What is expected →
How many lines in the data below include the word "modulus"? Respond with the number, nothing more.

Segment Start: Data to examine

-- ===== src/Util/Coding/Decoded.antt =====
-- The varint decoders on any bytes, well formed or not.
use Prim.Native.Nat.{bit_and, bit_or}
use native.Mathlib.Nat.{mod-lt, one-le-pow}
use level_db.Common.{ℕ, ◌+◌, ◌*◌, ◌%◌, ◌^◌, ◌<◌, ◌≤◌, List, [], ◌∷◌, length, some, All, ◌≡◌, arith}
use level_db.Common.Bits.{bit_or-lt}
use level_db.Util.Coding.Fixed.{IsByte}
use level_db.Util.Coding.{
  u32_mod, get_varint_loop, get_varint32_ptr_fallback, get_varint32_ptr, get_varint64_ptr,
  get_varint32, get_varint64,
}

get_varint_loop_takes :
    (w last_shift : ℕ) (p : List ℕ) (shift result v : ℕ) (rest : List ℕ)
    → result < 2 ^ w
    → shift ≤ last_shift + 7
    → get_varint_loop (2 ^ w) last_shift p shift result ≡ some (v, rest)
    → (v < 2 ^ w)
      × (length rest < length p)
      × (7 * length p + shift ≤ 7 * length rest + last_shift + 7)
unfolding get_varint_loop
get_varint_loop_takes w last_shift [] shift result v rest hr hs e = cc
get_varint_loop_takes w last_shift (b ∷ p) shift result v rest hr hs e = ground (
  arith,
  fits (b * 2 ^ shift),
  fits (bit_and b 127 * 2 ^ shift),
  get_varint_loop_takes w last_shift p (shift + 7)
      (bit_or result (bit_and b 127 * 2 ^ shift % 2 ^ w)) v rest,
)
  where
    fits : (x : ℕ) → bit_or result (x % 2 ^ w) < 2 ^ w
    fits x = bit_or-lt w result (x % 2 ^ w) hr (mod-lt x (one-le-pow w 2 (omega arith)))

-- What GetVarint32Ptr accepts is a uint32, and it takes 1 to 5 bytes.
pub get_varint32_takes :
    (p : List ℕ) (v : ℕ) (rest : List ℕ)
    → All IsByte p
    → get_varint32 p ≡ some (v, rest)
    → (v < 2 ^ 32) × (length rest < length p) × (length p ≤ length rest + 5)
unfolding get_varint32 get_varint32_ptr get_varint32_ptr_fallback
get_varint32_takes [] v rest h e = cc
get_varint32_takes (b ∷ p) v rest h e =
    ground (arith, get_varint_loop_takes 32 28 (b ∷ p) 0 0 v rest)

-- What GetVarint64 accepts is below 2^64 and took 1 to 10 bytes of the input.
pub get_varint64_takes :
    (p : List ℕ) (v : ℕ) (rest : List ℕ)
    → get_varint64 p ≡ some (v, rest)
    → (v < 2 ^ 64) × (length rest < length p) × (length p ≤ length rest + 10)
unfolding get_varint64 get_varint64_ptr
get_varint64_takes p v rest e = ground (arith, get_varint_loop_takes 64 63 p 0 0 v rest)

get_varint_loop_shorter :
    (modulus last_shift : ℕ) (p : List ℕ) (shift result v : ℕ) (rest : List ℕ)
    → get_varint_loop modulus last_shift p shift result ≡ some (v, rest)
    → length rest < length p
unfolding get_varint_loop
get_varint_loop_shorter modulus last_shift [] shift result v rest e = cc
get_varint_loop_shorter modulus last_shift (b ∷ p) shift result v rest e = ground (
  arith,
  get_varint_loop_shorter modulus last_shift p (shift + 7)
      (bit_or result (bit_and b 127 * 2 ^ shift % modulus)) v rest,
)

-- Whatever the elements are, a decoder that succeeds consumes one at least.
pub get_varint32_shorter :
    (p : List ℕ) (v : ℕ) (rest : List ℕ) → get_varint32 p ≡ some (v, rest) → length rest < length p
unfolding get_varint32 get_varint32_ptr get_varint32_ptr_fallback
get_varint32_shorter [] v rest e = cc
get_varint32_shorter (b ∷ p) v rest e =
    ground (arith, get_varint_loop_shorter u32_mod 28 (b ∷ p) 0 0 v rest)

Segment End: Data to examine

Reply to the task →
6